Data provided =

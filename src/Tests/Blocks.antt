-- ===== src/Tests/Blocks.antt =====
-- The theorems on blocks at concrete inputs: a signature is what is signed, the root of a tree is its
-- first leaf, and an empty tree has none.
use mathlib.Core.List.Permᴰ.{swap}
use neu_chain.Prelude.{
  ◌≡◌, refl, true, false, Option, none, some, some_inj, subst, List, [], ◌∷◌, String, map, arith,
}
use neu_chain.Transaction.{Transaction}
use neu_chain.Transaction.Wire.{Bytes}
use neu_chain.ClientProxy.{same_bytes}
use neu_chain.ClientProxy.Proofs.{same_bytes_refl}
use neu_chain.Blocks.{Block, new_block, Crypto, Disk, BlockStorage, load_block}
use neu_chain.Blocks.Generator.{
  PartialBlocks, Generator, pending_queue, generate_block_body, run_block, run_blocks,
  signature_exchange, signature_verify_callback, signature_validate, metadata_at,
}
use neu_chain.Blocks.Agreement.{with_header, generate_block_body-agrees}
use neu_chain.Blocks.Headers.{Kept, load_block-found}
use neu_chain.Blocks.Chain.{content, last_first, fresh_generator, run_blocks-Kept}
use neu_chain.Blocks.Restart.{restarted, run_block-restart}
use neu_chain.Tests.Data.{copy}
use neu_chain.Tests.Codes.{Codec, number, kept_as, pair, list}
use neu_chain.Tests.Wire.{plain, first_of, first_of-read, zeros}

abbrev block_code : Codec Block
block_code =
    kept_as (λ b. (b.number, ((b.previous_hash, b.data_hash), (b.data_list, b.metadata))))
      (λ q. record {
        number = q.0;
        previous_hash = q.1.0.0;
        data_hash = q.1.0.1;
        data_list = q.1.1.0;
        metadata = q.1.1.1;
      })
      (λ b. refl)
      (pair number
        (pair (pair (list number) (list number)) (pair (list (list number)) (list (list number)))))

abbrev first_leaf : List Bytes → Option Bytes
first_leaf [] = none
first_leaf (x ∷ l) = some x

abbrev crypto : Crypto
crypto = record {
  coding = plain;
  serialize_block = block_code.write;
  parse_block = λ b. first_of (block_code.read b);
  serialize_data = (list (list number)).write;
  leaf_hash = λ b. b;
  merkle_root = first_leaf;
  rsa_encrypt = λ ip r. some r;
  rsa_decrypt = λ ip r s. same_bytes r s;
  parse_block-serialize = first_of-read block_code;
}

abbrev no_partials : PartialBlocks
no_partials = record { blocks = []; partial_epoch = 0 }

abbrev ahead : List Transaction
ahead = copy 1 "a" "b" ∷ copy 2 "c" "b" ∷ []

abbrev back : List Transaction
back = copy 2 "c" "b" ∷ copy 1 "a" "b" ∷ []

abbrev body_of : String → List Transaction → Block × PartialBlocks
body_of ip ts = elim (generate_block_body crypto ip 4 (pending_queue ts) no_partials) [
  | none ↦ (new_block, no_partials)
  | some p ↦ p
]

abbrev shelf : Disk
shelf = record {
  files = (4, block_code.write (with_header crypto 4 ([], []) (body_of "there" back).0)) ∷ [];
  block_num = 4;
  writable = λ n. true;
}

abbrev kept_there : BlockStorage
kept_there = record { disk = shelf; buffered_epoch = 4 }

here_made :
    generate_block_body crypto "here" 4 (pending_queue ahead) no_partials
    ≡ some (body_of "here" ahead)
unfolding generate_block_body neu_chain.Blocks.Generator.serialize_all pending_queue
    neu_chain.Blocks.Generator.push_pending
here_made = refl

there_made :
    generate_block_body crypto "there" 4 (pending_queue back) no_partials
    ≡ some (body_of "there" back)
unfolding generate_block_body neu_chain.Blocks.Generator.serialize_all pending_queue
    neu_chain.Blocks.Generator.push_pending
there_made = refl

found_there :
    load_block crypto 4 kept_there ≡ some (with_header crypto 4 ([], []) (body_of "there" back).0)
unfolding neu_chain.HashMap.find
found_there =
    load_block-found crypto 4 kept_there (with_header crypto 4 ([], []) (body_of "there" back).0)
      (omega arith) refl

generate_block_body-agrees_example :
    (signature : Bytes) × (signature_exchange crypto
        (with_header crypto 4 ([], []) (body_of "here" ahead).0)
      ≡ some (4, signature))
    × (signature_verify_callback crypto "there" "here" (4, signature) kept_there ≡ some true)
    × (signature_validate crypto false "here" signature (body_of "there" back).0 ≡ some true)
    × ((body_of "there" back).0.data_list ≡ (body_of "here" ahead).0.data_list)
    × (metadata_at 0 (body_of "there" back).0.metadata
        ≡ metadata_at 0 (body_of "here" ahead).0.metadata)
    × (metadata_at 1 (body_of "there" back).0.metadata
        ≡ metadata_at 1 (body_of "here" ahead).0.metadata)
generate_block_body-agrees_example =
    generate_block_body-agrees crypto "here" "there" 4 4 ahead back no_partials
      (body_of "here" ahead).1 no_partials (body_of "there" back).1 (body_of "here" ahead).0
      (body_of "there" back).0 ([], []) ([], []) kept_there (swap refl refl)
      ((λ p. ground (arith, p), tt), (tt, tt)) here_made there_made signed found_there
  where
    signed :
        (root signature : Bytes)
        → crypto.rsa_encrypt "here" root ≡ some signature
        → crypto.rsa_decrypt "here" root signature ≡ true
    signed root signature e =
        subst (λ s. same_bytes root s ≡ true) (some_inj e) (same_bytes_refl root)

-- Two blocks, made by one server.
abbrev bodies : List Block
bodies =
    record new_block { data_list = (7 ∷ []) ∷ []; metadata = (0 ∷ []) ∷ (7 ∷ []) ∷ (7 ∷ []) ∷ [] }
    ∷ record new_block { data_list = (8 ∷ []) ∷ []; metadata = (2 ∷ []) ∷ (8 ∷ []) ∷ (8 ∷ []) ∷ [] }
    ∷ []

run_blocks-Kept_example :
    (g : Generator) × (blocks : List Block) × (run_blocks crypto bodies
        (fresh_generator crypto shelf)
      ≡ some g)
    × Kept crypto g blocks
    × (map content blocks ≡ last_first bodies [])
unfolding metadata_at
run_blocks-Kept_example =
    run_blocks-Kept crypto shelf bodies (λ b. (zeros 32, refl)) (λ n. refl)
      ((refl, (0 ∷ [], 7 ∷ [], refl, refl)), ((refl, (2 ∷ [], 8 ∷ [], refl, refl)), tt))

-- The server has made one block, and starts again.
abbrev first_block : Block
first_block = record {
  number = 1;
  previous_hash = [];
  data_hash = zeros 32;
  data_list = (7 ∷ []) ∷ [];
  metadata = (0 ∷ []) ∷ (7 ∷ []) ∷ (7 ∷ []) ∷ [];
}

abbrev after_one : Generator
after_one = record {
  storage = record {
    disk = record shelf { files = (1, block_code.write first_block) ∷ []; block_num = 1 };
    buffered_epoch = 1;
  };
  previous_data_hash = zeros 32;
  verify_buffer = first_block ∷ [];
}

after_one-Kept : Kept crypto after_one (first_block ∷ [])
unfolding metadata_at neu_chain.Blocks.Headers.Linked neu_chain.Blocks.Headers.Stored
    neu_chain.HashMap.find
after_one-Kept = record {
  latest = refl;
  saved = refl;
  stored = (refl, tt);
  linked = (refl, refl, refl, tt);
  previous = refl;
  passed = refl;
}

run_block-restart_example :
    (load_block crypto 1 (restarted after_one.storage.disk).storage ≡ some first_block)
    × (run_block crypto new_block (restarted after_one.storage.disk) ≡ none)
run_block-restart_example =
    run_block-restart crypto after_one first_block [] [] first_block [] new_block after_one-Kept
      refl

--

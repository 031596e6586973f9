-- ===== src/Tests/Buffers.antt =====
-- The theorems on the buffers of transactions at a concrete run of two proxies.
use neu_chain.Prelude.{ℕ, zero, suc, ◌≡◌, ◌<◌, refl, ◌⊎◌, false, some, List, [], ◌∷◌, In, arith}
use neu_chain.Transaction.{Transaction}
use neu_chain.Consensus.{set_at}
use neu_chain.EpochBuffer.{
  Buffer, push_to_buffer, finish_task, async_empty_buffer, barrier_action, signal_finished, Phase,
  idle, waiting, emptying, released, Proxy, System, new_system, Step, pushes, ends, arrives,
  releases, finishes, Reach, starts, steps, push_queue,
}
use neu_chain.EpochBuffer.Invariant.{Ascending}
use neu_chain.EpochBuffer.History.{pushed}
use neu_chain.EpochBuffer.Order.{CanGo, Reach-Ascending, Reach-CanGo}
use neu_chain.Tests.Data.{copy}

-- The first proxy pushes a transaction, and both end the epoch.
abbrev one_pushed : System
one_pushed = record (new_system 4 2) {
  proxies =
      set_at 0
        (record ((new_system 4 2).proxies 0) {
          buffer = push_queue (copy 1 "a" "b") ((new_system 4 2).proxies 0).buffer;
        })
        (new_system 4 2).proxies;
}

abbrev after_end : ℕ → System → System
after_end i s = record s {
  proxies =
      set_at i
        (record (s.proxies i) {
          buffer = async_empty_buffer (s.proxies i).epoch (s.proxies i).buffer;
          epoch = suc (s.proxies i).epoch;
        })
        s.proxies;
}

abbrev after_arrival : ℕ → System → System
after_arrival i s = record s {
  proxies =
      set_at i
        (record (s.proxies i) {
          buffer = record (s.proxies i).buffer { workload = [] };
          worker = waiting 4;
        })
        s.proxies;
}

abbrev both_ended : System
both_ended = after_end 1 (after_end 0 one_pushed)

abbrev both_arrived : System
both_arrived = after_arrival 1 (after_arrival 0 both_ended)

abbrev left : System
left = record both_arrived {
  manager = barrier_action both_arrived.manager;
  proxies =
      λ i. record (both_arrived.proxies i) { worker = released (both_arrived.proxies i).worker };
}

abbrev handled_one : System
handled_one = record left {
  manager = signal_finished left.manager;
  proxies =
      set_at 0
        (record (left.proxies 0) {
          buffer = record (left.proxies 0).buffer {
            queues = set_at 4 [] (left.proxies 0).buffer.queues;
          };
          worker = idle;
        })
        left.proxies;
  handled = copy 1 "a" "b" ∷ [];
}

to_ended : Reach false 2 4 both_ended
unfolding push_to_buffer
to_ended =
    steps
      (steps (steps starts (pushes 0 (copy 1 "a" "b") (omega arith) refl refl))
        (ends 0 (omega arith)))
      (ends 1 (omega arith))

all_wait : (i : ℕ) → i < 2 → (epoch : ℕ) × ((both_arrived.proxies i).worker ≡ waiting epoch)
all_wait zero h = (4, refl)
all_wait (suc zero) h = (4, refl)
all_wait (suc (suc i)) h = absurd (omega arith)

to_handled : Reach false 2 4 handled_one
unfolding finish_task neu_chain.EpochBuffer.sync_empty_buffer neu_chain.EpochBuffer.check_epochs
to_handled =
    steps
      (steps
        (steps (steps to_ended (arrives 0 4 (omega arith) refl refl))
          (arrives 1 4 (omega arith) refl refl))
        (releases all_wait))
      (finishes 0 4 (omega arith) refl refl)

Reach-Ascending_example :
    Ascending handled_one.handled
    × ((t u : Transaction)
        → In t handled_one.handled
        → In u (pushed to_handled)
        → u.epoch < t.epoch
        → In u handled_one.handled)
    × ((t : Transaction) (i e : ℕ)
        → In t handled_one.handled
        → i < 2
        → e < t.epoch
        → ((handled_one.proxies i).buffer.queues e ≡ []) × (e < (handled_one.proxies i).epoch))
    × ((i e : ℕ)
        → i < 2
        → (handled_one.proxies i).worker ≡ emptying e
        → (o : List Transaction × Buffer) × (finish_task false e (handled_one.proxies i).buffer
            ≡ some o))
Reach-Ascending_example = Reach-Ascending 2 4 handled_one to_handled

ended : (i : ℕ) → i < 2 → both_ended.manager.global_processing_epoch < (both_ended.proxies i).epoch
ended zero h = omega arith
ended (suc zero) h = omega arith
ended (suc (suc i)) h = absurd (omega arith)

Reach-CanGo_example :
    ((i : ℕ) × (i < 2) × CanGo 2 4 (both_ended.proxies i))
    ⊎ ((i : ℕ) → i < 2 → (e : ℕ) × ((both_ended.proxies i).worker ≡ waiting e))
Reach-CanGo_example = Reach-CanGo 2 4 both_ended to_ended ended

Required work = Your answer must consist solely of the lines above between the line holding "manager = signal_finished left.manager;" and the line holding "all_wait (suc zero) h = (4, refl)", inclusive, copied exactly.

Result of this task =
  manager = signal_finished left.manager;
  proxies =
      set_at 0
        (record (left.proxies 0) {
          buffer = record (left.proxies 0).buffer {
            queues = set_at 4 [] (left.proxies 0).buffer.queues;
          };
          worker = idle;
        })
        left.proxies;
  handled = copy 1 "a" "b" ∷ [];
}

to_ended : Reach false 2 4 both_ended
unfolding push_to_buffer
to_ended =
    steps
      (steps (steps starts (pushes 0 (copy 1 "a" "b") (omega arith) refl refl))
        (ends 0 (omega arith)))
      (ends 1 (omega arith))

all_wait : (i : ℕ) → i < 2 → (epoch : ℕ) × ((both_arrived.proxies i).worker ≡ waiting epoch)
all_wait zero h = (4, refl)
all_wait (suc zero) h = (4, refl)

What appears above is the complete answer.